Goldwater long claimed January 1st, 1909 as his date of birth. New Year’s Day 1909 is the date listed on his Arizona birth certificate, in his official United States Senate online biography, in his 1988 autobiography entitled Goldwater (page 37), and cast in bronze on his Paradise Valley grave marker. Despite the many official references to a January 1st birth, Senator Goldwater was likely born on January 2nd, 1909 – one day later than his oft-cited New Year’s Day arrival.

Having been born at the long-since demolished Goldwater home at 710 North Center Street (now Central Avenue) in Phoenix, Mr. Conservative’s birth was not memorialized in hospital records. In addition to the lack of hospital documentation, the Senator was not issued a birth certificate in 1909. Instead, he requested that the state issue formal documentation of his birth in 1942, or thirty-three years after the event, thereby greatly reducing the document’s value as a record of Goldwater’s birthdate. Significant Goldwater family events further complicate the mystery of the Senator’s true birthdate.

Baron and Josephine Goldwater, Barry’s parents, were married on January 1st, 1907, or two years prior to the birthdate claimed by Senator Goldwater. Joanne Goldwater, Barry’s first child, was born on January 1st, 1936 – twenty-seven years after Barry Goldwater’s supposed New Year’s Day arrival. Therefore, when Goldwater requested a birth certificate in 1942, a combination of family lore and New Year’s Day family milestones may have prompted the future statesman to give January 1st as his birthdate. By the time the state issued Goldwater a birth certificate, January 1st had already been listed as his date of birth on his Equitable Life Assurance Society policy, application for military pilot training, and his daughter’s birth record, all of which were submitted with his birth certificate application as proof of a January 1st, 1909 birthdate. Period newspaper coverage of the Goldwater family scion’s birth, however, indicates that Arizona’s favorite son was likely not born on the 1st of January, 1909.

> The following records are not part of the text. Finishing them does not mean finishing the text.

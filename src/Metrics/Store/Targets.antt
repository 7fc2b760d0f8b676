-- ===== src/Metrics/Store/Targets.antt =====
-- The counter that an event is counted in, and the field that names its key.
use tengen.Prelude.{
  ℕ, String, Bool, true, false, none, some, ◌≡◌, refl, sym, ap, ◌∙◌, ◌⊎◌, inl, inr, if◌then◌else◌,
  ◌==◌, eq_iff, arith, Bool-cases, eq_refl,
}
use tengen.Value.{Value, bool, int, float, arr, null, str, obj, is_text}
use tengen.Metrics.Store.{Bucket, target_counter}
use tengen.Metrics.Store.Buckets.{rank, same_bucket, same_bucket→eq}

-- Of each counter, the event that it counts and the field that names its key
abbrev pub event_of : Bucket → String
event_of Bucket.route_counts = "route_matched"
event_of Bucket.runbook_success = "runbook_success"
event_of Bucket.runbook_error = "runbook_error"
event_of Bucket.alert_ingested = "alert_ingested"
event_of Bucket.dlq_counts = "dlq_enqueued"
event_of Bucket.containment_executed = "containment_executed"
event_of Bucket.normalization_counts = "event_normalized"

abbrev pub field_of : Bucket → String
field_of Bucket.route_counts = "route"
field_of Bucket.runbook_success = "runbook"
field_of Bucket.runbook_error = "runbook"
field_of Bucket.alert_ingested = "source"
field_of Bucket.dlq_counts = "reason"
field_of Bucket.containment_executed = "action"
field_of Bucket.normalization_counts = "source_type"

target-event_of : (b : Bucket) → target_counter (str (event_of b)) ≡ some (b, field_of b)
unfolding target_counter
target-event_of Bucket.route_counts = refl
target-event_of Bucket.runbook_success = refl
target-event_of Bucket.runbook_error = refl
target-event_of Bucket.alert_ingested = refl
target-event_of Bucket.dlq_counts = refl
target-event_of Bucket.containment_executed = refl
target-event_of Bucket.normalization_counts = refl

abbrev AllFalse : (Bucket → Bool) → Type 0
AllFalse p =
    (p Bucket.route_counts ≡ false)
    × (p Bucket.runbook_success ≡ false)
    × (p Bucket.runbook_error ≡ false)
    × (p Bucket.alert_ingested ≡ false)
    × (p Bucket.dlq_counts ≡ false)
    × (p Bucket.containment_executed ≡ false)
    × (p Bucket.normalization_counts ≡ false)

all_false : (p : Bucket → Bool) (b : Bucket) → AllFalse p → p b ≡ false
all_false p Bucket.route_counts h = h.0
all_false p Bucket.runbook_success h = h.1
all_false p Bucket.runbook_error h = h.2
all_false p Bucket.alert_ingested h = h.3
all_false p Bucket.dlq_counts h = h.4
all_false p Bucket.containment_executed h = h.5
all_false p Bucket.normalization_counts h = h.6

-- A test holds of some counter or of none.
Bucket-cases : (p : Bucket → Bool) → ((b : Bucket) → p b ≡ false) ⊎ ((b : Bucket) × (p b ≡ true))
Bucket-cases p = elim (Bool-cases (p Bucket.route_counts)) [
  | inl h ↦ inr (Bucket.route_counts, h)
  | inr h_route_counts ↦ elim (Bool-cases (p Bucket.runbook_success)) [
    | inl h ↦ inr (Bucket.runbook_success, h)
    | inr h_runbook_success ↦ elim (Bool-cases (p Bucket.runbook_error)) [
      | inl h ↦ inr (Bucket.runbook_error, h)
      | inr h_runbook_error ↦ elim (Bool-cases (p Bucket.alert_ingested)) [
        | inl h ↦ inr (Bucket.alert_ingested, h)
        | inr h_alert_ingested ↦ elim (Bool-cases (p Bucket.dlq_counts)) [
          | inl h ↦ inr (Bucket.dlq_counts, h)
          | inr h_dlq_counts ↦ elim (Bool-cases (p Bucket.containment_executed)) [
            | inl h ↦ inr (Bucket.containment_executed, h)
            | inr h_containment_executed ↦ elim (Bool-cases (p Bucket.normalization_counts)) [
              | inl h ↦ inr (Bucket.normalization_counts, h)
              | inr h_normalization_counts ↦ inl (λ b. all_false p b (
                h_route_counts, h_runbook_success, h_runbook_error, h_alert_ingested, h_dlq_counts,
                h_containment_executed, h_normalization_counts,
              ))
            ]
          ]
        ]
      ]
    ]
  ]
]

abbrev event_rank : String → ℕ
event_rank e =
    if e == event_of Bucket.route_counts
    then 0
    else if e == event_of Bucket.runbook_success
    then 1
    else if e == event_of Bucket.runbook_error
    then 2
    else if e == event_of Bucket.alert_ingested
    then 3
    else if e == event_of Bucket.dlq_counts
    then 4
    else if e == event_of Bucket.containment_executed
    then 5
    else if e == event_of Bucket.normalization_counts
    then 6
    else 7

event_rank-event_of : (b : Bucket) → event_rank (event_of b) ≡ rank b
event_rank-event_of Bucket.route_counts = refl
event_rank-event_of Bucket.runbook_success = refl
event_rank-event_of Bucket.runbook_error = refl
event_rank-event_of Bucket.alert_ingested = refl
event_rank-event_of Bucket.dlq_counts = refl
event_rank-event_of Bucket.containment_executed = refl
event_rank-event_of Bucket.normalization_counts = refl

event_of-injective : (b b' : Bucket) → event_of b ≡ event_of b' → rank b ≡ rank b'
event_of-injective b b' h = sym (event_rank-event_of b) ∙ ap event_rank h ∙ event_rank-event_of b'

event_of-same : (b b' : Bucket) → (event_of b == event_of b') ≡ same_bucket b b'
unfolding same_bucket
event_of-same b b' = elim (Bool-cases (same_bucket b b')) [
  | inl h ↦ rw (h, same_bucket→eq b b' h) (eq_refl (event_of b'))
  | inr h ↦ ground (arith, eq_iff (event_of b) (event_of b'), event_of-injective b b')
]

-- What the chain of tests comes to: no counter, or the one whose event is named.
abbrev pub Targets : Value → Type 0
Targets e =
    ((target_counter e ≡ none) × ((b : Bucket) → is_text e (event_of b) ≡ false))
    ⊎ ((b₀ : Bucket) × (target_counter e ≡ some (b₀, field_of b₀))
        × ((b : Bucket) → is_text e (event_of b) ≡ same_bucket b₀ b))

target_none :
    (s : String) → ((b : Bucket) → (s == event_of b) ≡ false) → target_counter (str s) ≡ none
unfolding target_counter is_text
target_none s h =
    rw
      (
        h Bucket.route_counts,
        h Bucket.runbook_success,
        h Bucket.runbook_error,
        h Bucket.alert_ingested,
        h Bucket.dlq_counts,
        h Bucket.containment_executed,
        h Bucket.normalization_counts,
      )
      refl

target_some : (s : String) (b : Bucket) → (s == event_of b) ≡ true → Targets (str s)
unfolding is_text
target_some s b h =
    let q = (eq_iff s (event_of b)).0 h in
    inr (b, ap (λ x. target_counter (str x)) q ∙ target-event_of b, λ b'. rw q (event_of-same b b'))

pub target-Targets : (e : Value) → Targets e
unfolding is_text target_counter
target-Targets (str s) = elim (Bucket-cases (λ b. s == event_of b)) [
  | inl h ↦ inl (target_none s h, h)
  | inr (b, h) ↦ target_some s b h
]
target-Targets (bool x) = inl (refl, λ b. refl)
target-Targets (int x) = inl (refl, λ b. refl)
target-Targets (float x k) = inl (refl, λ b. refl)
target-Targets (obj x) = inl (refl, λ b. refl)
target-Targets (arr x) = inl (refl, λ b. refl)
target-Targets null = inl (refl, λ b. refl)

The January 2nd, 1909 evening edition of the Arizona Gazette (later the Phoenix Gazette) reported, “the clerks of M. Goldwater & Bro. in Phoenix… have a new ‘boss’,” as of “3 o’clock this morning,” serving as evidence of a January 2nd birthdate. The January 3rd, 1909 Arizona Republican (later the Arizona Republic) included an article titled “The Eldest Son,” which stated, “Mr. and Mrs. Barry Goldwater yesterday welcomed to their fireside their eldest son and heir, a nine-pound boy, who promises to add luster to a family name already distinguished in the annals of Arizona,” thus bolstering the case for a January 2nd birthdate.

So, while we may never know for sure exactly when Senator Goldwater made his debut, the strongest evidence points to January 2nd, 1909 as his true birthdate, although most official sources still reflect a New Year’s Day birth. Either way, happy birthday, Senator!